## The problem
Take the material below and reproduce, word for word, only the lines from the line with "media_of none = none" through the line with "is_hub host = host".
(Data shown)
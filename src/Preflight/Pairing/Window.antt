-- ===== src/Preflight/Pairing/Window.antt =====
-- The lines that `pair_version` of hack/preflight-refs.py looks at.
use krateo_openstack_bluepri.Prelude.{
  ℕ, zero, suc, ◌+◌, ◌-◌, ◌≤◌, String, true, Bool-cases, ◌≡◌, ◌↔◌, refl, sym, ◌∙◌, arith, inl, inr,
  Option, none, some, Option-cases, List, [], ◌∷◌, All, All-each, leb, ap, In, some_inj, none_some,
}
use krateo_openstack_bluepri.Preflight.Pairing.{
  Patterns, Offset, ahead, behind, nth, line_at, first_near, near, unskipped, pair_version,
}

-- What is looked for does not stand at an offset.
abbrev Misses : (String → Option String) → List String → ℕ → Offset → Type 0
Misses look lines idx off = (l : String) → line_at lines idx off ≡ some l → look l ≡ none

first_near-none :
    (look : String → Option String) (lines : List String) (idx : ℕ) (offs : List Offset)
    → (first_near look lines idx offs ≡ none) ↔ All (Misses look lines idx) offs
unfolding first_near
first_near-none look lines idx [] = (λ h. tt, λ h. refl)
first_near-none look lines idx (off ∷ offs) = elim (Option-cases (line_at lines idx off)) [
  | inl outside ↦
      let rest = first_near-none look lines idx offs in
      rw (outside, first_near) ((λ h. ((λ l e. cc), rest.0 h), λ h. rest.1 h.1))
  | inr (l, at) ↦ elim (Option-cases (look l)) [
    | inl misses ↦
        let rest = first_near-none look lines idx offs in
        rw (at, misses, first_near)
          ((λ h. ((λ m e. rw (sym (some_inj e)) misses), rest.0 h), λ h. rest.1 h.1))
    | inr (x, found) ↦
        rw (at, found, first_near) ((λ h. cc), λ h. none_some (sym (h.0 l refl) ∙ found))
  ]
]

-- A line of the window, by its number
abbrev pub IsNear : ℕ → ℕ → Type 0
IsNear idx j = (j ≤ idx + 3) × (idx ≤ j + 3)

ahead_near : (d : ℕ) → d ≤ 3 → In (ahead d) near
ahead_near zero h = inl refl
ahead_near (suc zero) h = inr (inl refl)
ahead_near (suc (suc zero)) h = inr (inr (inl refl))
ahead_near (suc (suc (suc zero))) h = inr (inr (inr (inr (inr (inl refl)))))
ahead_near (suc (suc (suc (suc d)))) h = absurd (omega (arith, h))

behind_near : (d : ℕ) → 1 ≤ d → d ≤ 3 → In (behind d) near
behind_near zero l h = absurd (omega (arith, l))
behind_near (suc zero) l h = inr (inr (inr (inl refl)))
behind_near (suc (suc zero)) l h = inr (inr (inr (inr (inl refl))))
behind_near (suc (suc (suc zero))) l h = inr (inr (inr (inr (inr (inr (inl refl))))))
behind_near (suc (suc (suc (suc d)))) l h = absurd (omega (arith, h))

offset_of :
    (lines : List String) (idx j : ℕ)
    → IsNear idx j
    → (off : Offset) × (In off near × (line_at lines idx off ≡ nth lines j))
unfolding line_at
offset_of lines idx j (above, below) = elim (Bool-cases (leb idx j)) [
  | inl at ↦
      let d_le : j - idx ≤ 3 = ground arith in
      let same : idx + (j - idx) ≡ j = ground arith in
      (ahead (j - idx), (ahead_near (j - idx) d_le, ap (nth lines) same))
  | inr past ↦
      let d_le : idx - j ≤ 3 = ground arith in
      let one_le : 1 ≤ idx - j = ground arith in
      let inside : leb (idx - j) idx ≡ true = ground arith in
      let same : idx - (idx - j) ≡ j = ground arith in
      (behind (idx - j), (behind_near (idx - j) one_le d_le, rw inside (ap (nth lines) same)))
]

module _ (P : String → Type 0) (lines : List String) (idx : ℕ) where
  -- Each line of the window has it.
  abbrev Throughout : Type 0
  Throughout = (j : ℕ) (l : String) → IsNear idx j → nth lines j ≡ some l → P l

  abbrev HasAt : Offset → Type 0
  HasAt off = (l : String) → line_at lines idx off ≡ some l → P l

  has_ahead : Throughout → (k : ℕ) → k ≤ 3 → HasAt (ahead k)
  unfolding line_at
  has_ahead h k k_le l e = h (idx + k) l (omega (arith, k_le), omega (arith, k_le)) e

  has_behind : Throughout → (k : ℕ) → k ≤ 3 → HasAt (behind k)
  unfolding line_at
  has_behind h k k_le l e = elim (Bool-cases (leb k idx)) [
    | inl inside ↦ h (idx - k) l (ground arith, ground arith) (rw (inside, line_at) at e)
    | inr outside ↦ none_some (rw (outside, line_at) at e)
  ]

  throughout : Throughout ↔ All HasAt near
  throughout = (
    λ h. (
      has_ahead h 0 (omega arith),
      (
        has_ahead h 1 (omega arith),
        (
          has_ahead h 2 (omega arith),
          (
            has_behind h 1 (omega arith),
            (
              has_behind h 2 (omega arith),
              (has_ahead h 3 (omega arith), (has_behind h 3 (omega arith), tt)),
            ),
          ),
        ),
      ),
    ),
    λ h j l close e.
        let (off, (m, same)) = offset_of lines idx j close in
        (All-each HasAt near).0 h off m l (same ∙ e),
  )

-- `pair_version` finds no version exactly when no line of the file within three lines of the reference
-- has a version that counts.
pub pair_version-none :
    (pat : Patterns) (lines : List String) (idx : ℕ)
    → (pair_version pat lines idx ≡ none) ↔ (
        (j : ℕ) (l : String)
        → IsNear idx j
        → nth lines j ≡ some l
        → unskipped pat pat.version_near l ≡ none)
unfolding pair_version
pair_version-none pat lines idx =
    let look = unskipped pat pat.version_near in
    let offsets = first_near-none look lines idx near in
    let lines_near = throughout (λ l. look l ≡ none) lines idx in
    (λ h. lines_near.1 (offsets.0 h), λ h. offsets.1 (lines_near.0 h))
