-- ===== src/Preflight/Registry.antt =====
-- The requests of hack/preflight-refs.py to registries. `answer` stands for the network: a registry's
-- answer to one request does not change within a run. A token is a text.
pub mod Cache
use krateo_openstack_bluepri.Prelude.{
  ℕ, String, Bool, true, false, not, ◌&&◌, ◌||◌, Option, none, some, List, [], ◌∷◌, ◌++◌,
  if◌then◌else◌, eqb, ◌==◌, ◌+++◌, is_empty, codes, same_codes, lower_codes, join, strip, has_char,
  partition, any, Value, null, str, arr, nil, obj, end, truthy, find, insert,
}
use text.Mathlib.Text.{starts_with}

pub record Request : Type 0 where
  pub url : String
  pub headers : List (String × String)

pub data Reply : Type 0 where
  answered : (status : ℕ) (content_type : Option String) (body : String) → Reply
  refused : ℕ → Reply
  failed : Reply

-- `answer` and the JSON parser
pub record Network : Type 0 where
  pub answer : Request → Reply
  pub loads : String → Option Value

-- A media type, as code points
abbrev pub MediaType : Type 0
MediaType = List ℕ

-- host, repository and tag or digest
pub record Target : Type 0 where
  pub host : String
  pub repo : String
  pub ref : String

abbrev pub same_target : Target → Target → Bool
same_target a b = a.host == b.host && (a.repo == b.repo && a.ref == b.ref)

-- A /v2 base URL, the repository's path and the headers
pub record Endpoint : Type 0 where
  pub base : String
  pub repo : String
  pub auth : List (String × String)

-- The requests made, and `_MEDIA_TYPE`
pub record Run : Type 0 where
  pub sent : List Request
  pub cache : List (Target × Option MediaType)

abbrev pub fresh : Run
fresh = record { sent = []; cache = [] }

abbrev pub v2_manifest : List String
v2_manifest =
    "application/vnd.oci.image.manifest.v1+json" ∷ "application/vnd.oci.image.index.v1+json"
    ∷ "application/vnd.docker.distribution.manifest.v2+json"
    ∷ "application/vnd.docker.distribution.manifest.list.v2+json" ∷ []

abbrev pub v1_manifest : List String
v1_manifest =
    "application/vnd.docker.distribution.manifest.v1+json"
    ∷ "application/vnd.docker.distribution.manifest.v1+prettyjws" ∷ []

-- `mt in V1_MANIFEST`
unfoldable pub is_v1 : Option MediaType → Bool
is_v1 none = false
is_v1 (some mt) = any (λ s. same_codes (codes s) mt) v1_manifest

abbrev text_of : Option Value → String
text_of (some (str s)) = s
text_of _ = ""

abbrev token_of : Option Value → String
token_of (some (obj fs)) = text_of (find "token" fs)
token_of _ = ""

abbrev pub bearer : String → List (String × String)
bearer tok = if is_empty tok then [] else ("Authorization", "Bearer " +++ tok) ∷ []

-- `json.load(r).get("tags")`
abbrev tags_status : Option Value → ℕ
tags_status (some (obj fs)) = elim (find "tags" fs) [
  | none ↦ 404
  | some v ↦ if truthy v then 200 else 404
]
tags_status _ = 0

unfoldable pub token_from : (String → Option Value) → Reply → String
token_from loads (answered status ct body) = token_of (loads body)
token_from loads _ = ""

unfoldable pub tag_code : (String → Option Value) → Reply → ℕ
tag_code loads (answered status ct body) = tags_status (loads body)
tag_code loads (refused code) = code
tag_code loads failed = 0

unfoldable pub code_of : Reply → ℕ
code_of (answered status ct body) = status
code_of (refused code) = code
code_of failed = 0

-- `... or None`
abbrev or_none : MediaType → Option MediaType
or_none [] = none
or_none (c ∷ cs) = some (c ∷ cs)

-- What stands before the first ";", without blanks and in lower case
abbrev media_of : Option String → Option MediaType
media_of none = none
media_of (some ct) = or_none (lower_codes (codes (strip (partition b';' ct).0)))

-- Only a 200 gives a verdict.
unfoldable pub served_as : Reply → Option MediaType
unfolding strip partition
served_as (answered status ct body) = if eqb status 200 then media_of ct else none
served_as (refused code) = none
served_as failed = none

-- Official images of Docker Hub live under library/.
unfoldable pub hub_repo : String → String
unfolding has_char
hub_repo repo = if has_char b'/' repo then repo else "library/" +++ repo

abbrev pub is_hub : String → Bool
is_hub host = host == "docker.io" || host == "registry-1.docker.io"

unfoldable pub manifest_request : Endpoint → String → List String → Request
unfolding join
manifest_request e ref accept = record {
  url = e.base +++ "/" +++ e.repo +++ "/manifests/" +++ ref;
  headers = insert "Accept" (join "," accept) e.auth;
}

-- quay.io answers for a tag by its tag API; a digest is no tag.
abbrev pub asks_tags : Target → Bool
asks_tags target = target.host == "quay.io" && not (starts_with target.ref "sha256:")

unfoldable pub cached : List (Target × Option MediaType) → Target → Option (Option MediaType)
cached [] target = none
cached ((k, mt) ∷ cache) target = if same_target k target then some mt else cached cache target

module _ (net : Network) where
  -- `urlopen`
  abbrev pub fetch : Request → Run → Reply × Run
  fetch r s = (net.answer r, record s { sent = s.sent ++ r ∷ [] })

  abbrev get_token : String → Run → String × Run
  get_token url s =
      let (reply, t) = fetch (record { url = url; headers = [] }) s in
      (token_from net.loads reply, t)

  unfoldable pub ghcr_token : String → Run → String × Run
  unfolding token_from
  ghcr_token repo s = get_token ("https://ghcr.io/token?scope=repository:" +++ repo +++ ":pull") s

  abbrev pub hub_token : String → Run → String × Run
  hub_token repo s =
      get_token
        ("https://auth.docker.io/token?service=registry.docker.io&scope=repository:" +++ repo
          +++ ":pull")
        s

  unfoldable pub v2_endpoint : String → String → Run → Endpoint × Run
  unfolding ghcr_token token_from hub_repo
  v2_endpoint host repo s =
      if host == "ghcr.io"
      then (let (tok, t) = ghcr_token repo s in
          (record { base = "https://ghcr.io/v2"; repo = repo; auth = bearer tok }, t))
      else if is_hub host
      then (let (tok, t) = hub_token (hub_repo repo) s in
          (
            record {
              base = "https://registry-1.docker.io/v2";
              repo = hub_repo repo;
              auth = bearer tok;
            },
            t,
          ))
      else (record { base = "https://" +++ host +++ "/v2"; repo = repo; auth = [] }, s)

  -- A GET of the manifest, by way of the endpoint
  abbrev pub manifest : Target → List String → Run → Reply × Run
  manifest target accept s =
      let (e, t) = v2_endpoint target.host target.repo s in
      fetch (manifest_request e target.ref accept) t

  unfoldable pub registry_get : Target → Run → ℕ × Run
  unfolding v2_endpoint manifest_request tag_code code_of
  registry_get target s =
      if asks_tags target
      then (let (reply, t) =
            fetch
              (record {
                url =
                    "https://quay.io/api/v1/repository/" +++ target.repo +++ "/tag/?specificTag="
                    +++ target.ref +++ "&onlyActiveTags=true";
                headers = [];
              })
              s in
          (tag_code net.loads reply, t))
      else (let (reply, t) = manifest target v2_manifest s in (code_of reply, t))

  abbrev pub ask_type : Target → Run → Option MediaType × Run
  ask_type target s =
      let (reply, t) = manifest target (v2_manifest ++ v1_manifest) s in
      let mt = served_as reply in (mt, record t { cache = (target, mt) ∷ t.cache })

  unfoldable pub manifest_media_type : Target → Run → Option MediaType × Run
  unfolding v2_endpoint manifest_request served_as cached
  manifest_media_type target s = elim (cached s.cache target) [
    | some mt ↦ (mt, s)
    | none ↦ ask_type target s
  ]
(End Data shown)
## Answer to this problem
media_of none = none
media_of (some ct) = or_none (lower_codes (codes (strip (partition b';' ct).0)))

-- Only a 200 gives a verdict.
unfoldable pub served_as : Reply → Option MediaType
unfolding strip partition
served_as (answered status ct body) = if eqb status 200 then media_of ct else none
served_as (refused code) = none
served_as failed = none

-- Official images of Docker Hub live under library/.
unfoldable pub hub_repo : String → String
unfolding has_char
hub_repo repo = if has_char b'/' repo then repo else "library/" +++ repo

abbrev pub is_hub : String → Bool
is_hub host = host == "docker.io" || host == "registry-1.docker.io"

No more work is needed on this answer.